Helping a Toddler with Biting

(C) Christie Merrill 2007

I had cared for one toddler at my day care center throughout his infancy and we had shared many good and close times together.  He began biting other toddlers a few months after he had moved into the toddler room. It took our staff a week, and a couple of conversations with his Mom, before we came upon what we thought was a likely explanation for his biting. We noticed that he usually bit other children on Wednesdays and Fridays. We put that pattern together with the information that his mother had started an evening class that met Tuesdays and Thursdays, and that she didn't see him at all those evenings.

We guessed that missing his mother was the tension behind the biting. He didn't seem any more tense or upset than usual, and his good byes to her in the mornings happened without clinging or crying. So whatever feelings he had about evenings without his mommy weren't showing up at our center.

We figured that the first task we had was to build a closer, warmer relationship with him, so that he could trust us more fully with his feelings. And we asked his mother to give some Special Time to him any morning that she could, and to come earlier, so she could spend some one-on-one time with him at our center before leaving. With a close 10-minute playtime before his Mom left, he would have the connection and reassurance he needed to allow himself to cry with her before she left, instead of holding in his feelings and biting others later.

So, on days when his mother had to leave quickly, we had a caregiver greet him warmly, and spend 5 or 10 minutes of Special Time with him at the beginning of the day. Then, a caregiver stayed within two feet of him, so that when he lunged for a child's arm, she had a good chance of stopping him before he made contact. She would slide an arm around his tummy so he couldn't reach any farther, and bring him over to her lap.
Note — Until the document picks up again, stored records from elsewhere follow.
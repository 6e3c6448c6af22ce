-- ===== src/CognitiveBus/Safety.antt =====
-- The bus under any interleaving of posts, consumers, subscriptions and a shutdown.
pub mod Steps
use Prim.Native.String.{String}
use scalpel_cli.Common.{
  ℕ, zero, suc, ◌+◌, ◌≡◌, ◌<◌, refl, ap, inl, inr, Bool, true, false, List, [], ◌∷◌, ◌++◌, some,
  arith, length, get_elem?, set, length-set, length-append, All, All-append, Option-cases,
  Bool-cases,
}
use scalpel_cli.Common.Int.{ℤ}
use scalpel_cli.Common.Dict.{Dict}
use scalpel_cli.CognitiveBus.{
  Message, Channel, Posting, entered, delivering, selecting, Phase, Bus, Choice, sends, cancels,
  stops, new_bus, begin_post, snapshot, send, end_post, deliver_to, deliver_next, begin_delivery,
  undo_add, is_stopped, receive, take_first, acknowledge, unique, put_message, subscribed, contains,
}
use scalpel_cli.CognitiveBus.Closing.{all_subscribers, shutdown_step}
use scalpel_cli.CognitiveBus.Subscribers.{
  add_subscriber, subscribe, remove_subscriber, unsubscribe, or_all,
}
use scalpel_cli.CognitiveBus.Counts.{
  waiting_in, waiting_in-append, waiting_in-set, waiting_in-close_all, length-remove_at, unsent_by,
  unsent_in, unsent_in-set, unsent_in-remove_at,
}

abbrev pub Open : Channel → Type 0
Open k = k.is_closed ≡ false

abbrev pub has_closed : Phase → Bool
has_closed Phase.closing = true
has_closed Phase.finished = true
has_closed _ = false

-- The posts under way are counted, nothing has panicked, no channel is closed while a post is under
-- way, the count of messages is that of the posts in their select, of the buffers and of the
-- consumers, and is 0 at the end.
pub record Safe (b : Bus) : Type 0 where
  pub counted : b.active_posts ≡ length b.posts
  pub calm : b.panicked ≡ false
  pub opened : has_closed b.phase ≡ false → All Open b.channels
  pub quiet : has_closed b.phase ≡ true → b.posts ≡ []
  pub owed : b.processing ≡ unsent_in b.posts + (waiting_in b.channels + b.in_hand)
  pub settled : b.phase ≡ Phase.finished → b.processing ≡ 0

All-get_elem? :
    (ks : List Channel) (i : ℕ) {k : Channel} → get_elem? ks i ≡ some k → All Open ks → Open k
All-get_elem? [] i h a = ground arith
All-get_elem? (x ∷ ks) zero {k} h a = ground arith
All-get_elem? (x ∷ ks) (suc i) {k} h a = All-get_elem? ks i {k = k} h a.1

All-set : (ks : List Channel) (i : ℕ) (k : Channel) → Open k → All Open ks → All Open (set ks i k)
All-set [] i k o a = tt
All-set (x ∷ ks) zero k o a = (o, a.1)
All-set (x ∷ ks) (suc i) k o a = (a.0, All-set ks i k o a.1)

new_bus-Safe : (n : ℤ) → Safe (new_bus n)
unfolding new_bus waiting_in unsent_in
new_bus-Safe n = ground arith

begin_post-Safe :
    (fresh : String) (now : ℕ) (m : Message) (b : Bus) → Safe b → Safe (begin_post fresh now m b).0
unfolding begin_post unsent_in
begin_post-Safe fresh now m b v = ground arith

pub end_post-Safe :
    (n : ℕ) (b : Bus) {p : Posting}
    → get_elem? b.posts n ≡ some p
    → unsent_by p ≡ 0
    → Safe b
    → Safe (end_post n b)
unfolding end_post
end_post-Safe n b {p} h u v =
    ground (arith, u, length-remove_at n b.posts {p = p} h, unsent_in-remove_at n b.posts p h)

-- While a post is under way, no channel is closed.
pub busy :
    (n : ℕ) (b : Bus) {p : Posting}
    → get_elem? b.posts n ≡ some p
    → Safe b
    → has_closed b.phase ≡ false
busy n b {p} h v = elim (Bool-cases (has_closed b.phase)) [
  | inl e ↦ absurd (let h' = rw (v.quiet e) at h in ground arith)
  | inr e ↦ e
]

-- A post that goes on to its next channel or statement, with the count of messages that it leaves.
pub set_post-Safe :
    (n added : ℕ) (q : Posting) (b : Bus) {p : Posting}
    → get_elem? b.posts n ≡ some p
    → unsent_by q ≡ added + unsent_by p
    → Safe b
    → Safe (record b { processing = b.processing + added; posts = set b.posts n q })
set_post-Safe n added q b {p} h u v =
    let still = busy n b {p = p} h v in
    let size = length-set b.posts n q in
    let sum = unsent_in-set b.posts n p q h in
    record {
      counted = omega (arith, size, v.counted);
      calm = v.calm;
      opened = v.opened;
      quiet = λ e. absurd (ground (arith, still, e));
      owed = omega (arith, sum, u, v.owed);
      settled = λ e. absurd (ground (arith, still, e));
    }

-- Nothing is added.
pub at_once :
    (b : Bus) {ps : List Posting}
    → Safe (record b { processing = b.processing + 0; posts = ps })
    → Safe (record b { posts = ps })
at_once b {ps} v = record {
  counted = v.counted;
  calm = v.calm;
  opened = v.opened;
  quiet = v.quiet;
  owed = omega (arith, v.owed);
  settled = λ e. omega (arith, v.settled e);
}

snapshot-Safe : (n : ℕ) (b : Bus) → Safe b → Safe (snapshot n b)
unfolding snapshot
snapshot-Safe n b v = elim (Option-cases (get_elem? b.posts n)) [
  | inl e ↦ rw (e, snapshot) v
  | inr (entered m, e) ↦
      rw (e, snapshot) (at_once b (set_post-Safe n 0 _ b {p = entered m} e refl v))
  | inr (delivering m l, e) ↦ rw (e, snapshot) v
  | inr (selecting m ch l, e) ↦ rw (e, snapshot) v
]

-- `Add` ahead of the `select`, or the return behind the last round.
pub begin_delivery-Safe : (n : ℕ) (b : Bus) → Safe b → Safe (begin_delivery n b)
unfolding begin_delivery
begin_delivery-Safe n b v = elim (Option-cases (get_elem? b.posts n)) [
  | inl e ↦ rw (e, begin_delivery) v
  | inr (entered m, e) ↦ rw (e, begin_delivery) v
  | inr (selecting m ch rest, e) ↦ rw (e, begin_delivery) v
  | inr (delivering m [], e) ↦
      rw (e, begin_delivery) (end_post-Safe n b {p = delivering m []} e refl v)
  | inr (delivering m (ch ∷ rest), e) ↦
      rw (e, begin_delivery) (set_post-Safe n 1 _ b {p = delivering m (ch ∷ rest)} e refl v)
]

module _ (n : ℕ) (m : Message) (ch : ℕ) (rest : List ℕ) (b : Bus)
    (h : get_elem? b.posts n ≡ some (selecting m ch rest)) (v : Safe b) where
  -- What is in a select is counted, so undoing it does not fall below zero.
  undone-Safe : Safe (end_post n (undo_add b))
  unfolding end_post undo_add
  undone-Safe = ground (
    arith,
    v,
    busy n b {p = selecting m ch rest} h v,
    length-remove_at n b.posts {p = selecting m ch rest} h,
    unsent_in-remove_at n b.posts (selecting m ch rest) h,
  )

  send-Safe : Safe (send n m ch rest b)
  unfolding send
  send-Safe = elim (Option-cases (get_elem? b.channels ch)) [
    | inl e ↦ rw (e, send) v
    | inr (k, e) ↦
        let still = busy n b {p = selecting m ch rest} h v in
        let is_open = All-get_elem? b.channels ch {k = k} e (v.opened still) in
        rw (e, send, is_open)
          (ground (
            arith,
            v,
            still,
            length-set b.posts n (Posting.delivering m rest),
            All-set b.channels ch (put_message m k) is_open (v.opened still),
            unsent_in-set b.posts n (selecting m ch rest) (Posting.delivering m rest) h,
            waiting_in-set b.channels ch k (put_message m k) e,
            length-append k.queue (m ∷ []),
          ))
  ]

  deliver_to-Safe : (choice : Choice) → Safe (deliver_to choice n m ch rest b).0
  unfolding deliver_to
  deliver_to-Safe sends = send-Safe
  deliver_to-Safe cancels = undone-Safe
  deliver_to-Safe stops = elim (Bool-cases (is_stopped b.phase)) [
    | inl e ↦ rw (e) undone-Safe
    | inr e ↦ rw (e) v
  ]

pub deliver_next-Safe :
    (choice : Choice) (n : ℕ) (b : Bus) → Safe b → Safe (deliver_next choice n b).0
unfolding deliver_next
deliver_next-Safe choice n b v = elim (Option-cases (get_elem? b.posts n)) [
  | inl e ↦ rw (e, deliver_next) v
  | inr (entered m, e) ↦ rw (e, deliver_next) v
  | inr (delivering m l, e) ↦ rw (e, deliver_next) v
  | inr (selecting m ch rest, e) ↦ rw (e, deliver_next) (deliver_to-Safe n m ch rest b e v choice)
]

-- A change of the subscribers alone.
pub subscribers-Safe : (b : Bus) (d : Dict (List ℕ)) → Safe b → Safe (record b { subscribers = d })
subscribers-Safe b d v = ground arith

pub add_subscriber-Safe :
    (ch : ℕ) (ts : List String) (b : Bus) → Safe b → Safe (add_subscriber ch ts b)
unfolding add_subscriber
add_subscriber-Safe ch [] b v = v
add_subscriber-Safe ch (t ∷ ts) b v = add_subscriber-Safe ch ts _ (subscribers-Safe b _ v)

pub remove_subscriber-Safe :
    (ch : ℕ) (ts : List String) (b : Bus) → Safe b → Safe (remove_subscriber ch ts b)
unfolding remove_subscriber
remove_subscriber-Safe ch [] b v = v
remove_subscriber-Safe ch (t ∷ ts) b v = elim (Bool-cases (contains ch (subscribed t b))) [
  | inl e ↦ rw (e) (remove_subscriber-Safe ch ts _ (subscribers-Safe b _ v))
  | inr e ↦ rw (e) (remove_subscriber-Safe ch ts b v)
]

pub made-Safe :
    (b : Bus)
    → Safe b
    → Safe (record b { channels = b.channels ++ record { queue = []; is_closed = false } ∷ [] })
unfolding waiting_in
made-Safe b v = ground (
  arith,
  All-append Open b.channels (record { queue = []; is_closed = false } ∷ []),
  waiting_in-append b.channels (record { queue = []; is_closed = false } ∷ []),
)

subscribe-Safe : (ts : List String) (b : Bus) → Safe b → Safe (subscribe ts b).0
unfolding subscribe
subscribe-Safe ts b v = add_subscriber-Safe (length b.channels) (or_all ts) _ (made-Safe b v)

take_first-Safe :
    (ch : ℕ) (k : Channel) (q : List Message) (b : Bus)
    → get_elem? b.channels ch ≡ some k
    → k.queue ≡ q
    → Safe b
    → Safe (take_first ch k q b)
take_first-Safe ch k [] b e h v = v
take_first-Safe ch k (m ∷ ms) b e h v =
    let still_open : (has_closed b.phase ≡ false
        → All Open (set b.channels ch (record k { queue = ms }))) =
      λ o.
        All-set b.channels ch (record k { queue = ms })
          (All-get_elem? b.channels ch {k = k} e (v.opened o)) (v.opened o) in
    let sum = waiting_in-set b.channels ch k (record k { queue = ms }) e in
    let size = ap length h in
    record {
      counted = v.counted;
      calm = v.calm;
      opened = still_open;
      quiet = v.quiet;
      owed = omega (arith, sum, size, v.owed);
      settled = v.settled;
    }

pub receive-Safe : (ch : ℕ) (b : Bus) → Safe b → Safe (receive ch b)
unfolding receive
receive-Safe ch b v = elim (Option-cases (get_elem? b.channels ch)) [
  | inl e ↦ rw (e, receive) v
  | inr (k, e) ↦ rw (e, receive) (take_first-Safe ch k k.queue b e refl v)
]

pub acknowledge-Safe : (b : Bus) → 0 < b.in_hand → Safe b → Safe (acknowledge b)
unfolding acknowledge
acknowledge-Safe b h v = ground (arith, v.owed)

shutdown_step-Safe : (b : Bus) → Safe b → Safe (shutdown_step b)
unfolding shutdown_step
shutdown_step-Safe b v =
    ground (arith, waiting_in-close_all (unique (all_subscribers b.subscribers)) b.channels)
He cried and struggled to get away, perspiring and working through his fears. If the caregiver had to leave him partway through to attend to another child he would sit on the floor looking forlorn. When she returned with warm words and the reassurance of her embrace he would struggle and cry some more. We found that if he could work in this way on his fears and sadness for about 15 minutes, he would emerge more cheerful, and would usually be able to make it through the morning without biting.
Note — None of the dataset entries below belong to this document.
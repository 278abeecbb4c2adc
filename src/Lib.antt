-- ===== src/Lib.antt =====
-- Nebari infrastructure core: a client that validates a configuration, deploys a Kubernetes cluster
-- with a GitOps repository, Argo CD and DNS records, and destroys it again.
--
-- The parts and how they interact. `NebariConfig` is read from a file and validated with the names of
-- the registered providers (pkg/config, pkg/registry). The client (pkg/nic) looks the cluster provider
-- up, checks that it can serve the backups, calls it, bootstraps the repository (pkg/git) and hands the
-- endpoint to the DNS provider (pkg/providers/dns/cloudflare). A destruction goes the other way.
--
-- Files:
--   Prelude, Prelude/*         shared types, tests, lists, texts, errors, maps, integers, stateful calls
--   FilePath, FilePath/*       Go's path/filepath, as far as it is called: Clean, Join, Dir, IsAbs
--   Base64                     Go's encoding/base64, as far as it is called
--   Config/Cluster, Dns        pkg/config/config.go: ClusterConfig, DNSConfig (Validate, ProviderName,
--                              ProviderConfig)
--   Config/Certificate         pkg/config/config.go: CertificateConfig
--   Config/Backups, Cron       pkg/config/backups.go
--   Config/TrustBundle         pkg/config/trust_bundle.go
--   Config/Nebari              pkg/config/config.go: NebariConfig.Validate
--   Git, Git/Credentials       pkg/git/config.go
--   Git/Permissions            pkg/git/client_impl.go: upgradeLocalPermissions
--   Cloudflare                 pkg/providers/dns/cloudflare/provider.go; Cloudflare/Api its client
--                              interface, Cloudflare/Settings extractCloudflareConfig, Cloudflare/Memory
--                              a client over a list of records
--   Registry                   pkg/registry/providerlist.go, registry.go
--   Nic/Platform               the interfaces that pkg/nic calls (pkg/providers/cluster/provider.go,
--                              pkg/providers/dns/provider.go, pkg/git/client.go, pkg/argocd, pkg/endpoint)
--   Nic/Checks                 pkg/nic/validate.go, backups.go; backupBucketSpec of pkg/nic/deploy.go
--   Nic/Gitops, Nic/Secrets    pkg/nic/deploy.go: the repository, the secrets
--   Nic/Prepare, Nic/Deploy    pkg/nic/deploy.go: Client.Deploy
--   Nic/Destroy                pkg/nic/destroy.go
--   Witnesses, Witnesses/*     inputs at which the theorems apply
--   Longhorn                   pkg/storage/longhorn/backup.go
--   Aws/StateBucket            pkg/providers/cluster/aws/state.go; StateBucket/Service what S3 documents
--   Aws/Cleanup                pkg/providers/cluster/aws/cleanup.go
--   Aws/Batches                the loops of these two over slices of at most n elements
--   Aws/Version                pkg/providers/cluster/aws/version.go
--   Hetzner, Hetzner/Patterns  pkg/providers/cluster/hetzner/config.go
--   Hetzner/K3s                pkg/providers/cluster/hetzner/k3s.go
--   Hetzner/Volumes            pkg/providers/cluster/hetzner/cleanup.go
--   Endpoint                   pkg/endpoint/endpoint.go
-- The modules below a component hold its theorems. Types keep their Go names; a function `fooBar` is
-- `foo_bar`, and a method of several types stands in the module of its type (`Config.Backups.validate`
-- is BackupsConfig.Validate).
--
-- How the code is read. A pointer that may be nil is an Option. An error is a constructor that says
-- which error it is, with the error that it wraps; its text is left out, and so are tracing and status
-- messages. A call that changes something outside is a function of a state, the world, to a result and
-- the next world (Prelude/State); the world goes on from an error. A text is a sequence of code points,
-- and `bytes_of` gives its UTF-8 bytes. A map is an association list in the order of a range over it.
-- The integers of the program are only compared and are unbounded, but for the minor number of a version,
-- whose successor wraps around at 64 bits. File modes are the nine permission bits and the special ones.
-- What a loop receives from channels is a list of events; a paginator is the list of its pages.
--
-- What is a parameter: os.Stat, os.ReadFile, os.Getenv, os.UserHomeDir, net.ParseIP, the random reader,
-- the ssh libraries, the Cloudflare service (with what it documents: `IsLawful`), the cluster providers,
-- the Git client, Helm, Kubernetes, net.ParseCIDR, the calls of S3 (`Aws.StateBucket.Service`), ELB and
-- EC2, the HTTP API of Hetzner, what hetzner-k3s prints, the hash of an account, and at which paths a
-- call on files fails.
--
-- Bounds and fuel: every function is a structural recursion. The loops over batches run on the number of
-- elements as fuel, which is enough, since a round takes one at least; the attempts to delete a security
-- group count down from their bound of twelve.
--
-- Not modelled: the YAML decoder, the provisioning of the clusters, Argo CD and its templates, what the
-- Git client does through go-git, Longhorn's installation, and the command line; they drive other
-- programs and services, or only pass values on.
pub mod Prelude
pub mod FilePath
pub mod Git
pub mod Base64
pub mod Config
pub mod Cloudflare
pub mod Registry
pub mod Longhorn
pub mod Aws
pub mod Hetzner
pub mod Endpoint
pub mod Nic
pub mod Witnesses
On days when his mother could spend time in our classroom before leaving, I would come in and join the two of them, and encourage the mom to follow his lead, but stay very close to him. I asked her to begin her good-bye at least 5 minutes before she actually had to go, so that I could help him actually look at her, encourage him to hug her and hold her tight, and help her reassure him that she would be back at the end of the day. I would also try to help him laugh, by saying, “Here's what we're going to do when your mommy comes back!”, holding him in my arms, running to a far corner of the room, then rushing up to her, saying, “Mommy, you're back!” and putting him in her arms. He liked that game a lot! After a few days of solemn good-byes, he finally could cry when his mommy left. I stayed with him, kept telling him she would return and that she loved him, for as long as I could.

Several good-byes were tearful after that one, and over a period of many months of short opportunities to work through his fears, both when his mommy left and when we intervened before a bite, he grew gentler, trusted us more and was more easily able to simply cry when he was upset. His need to bite ended.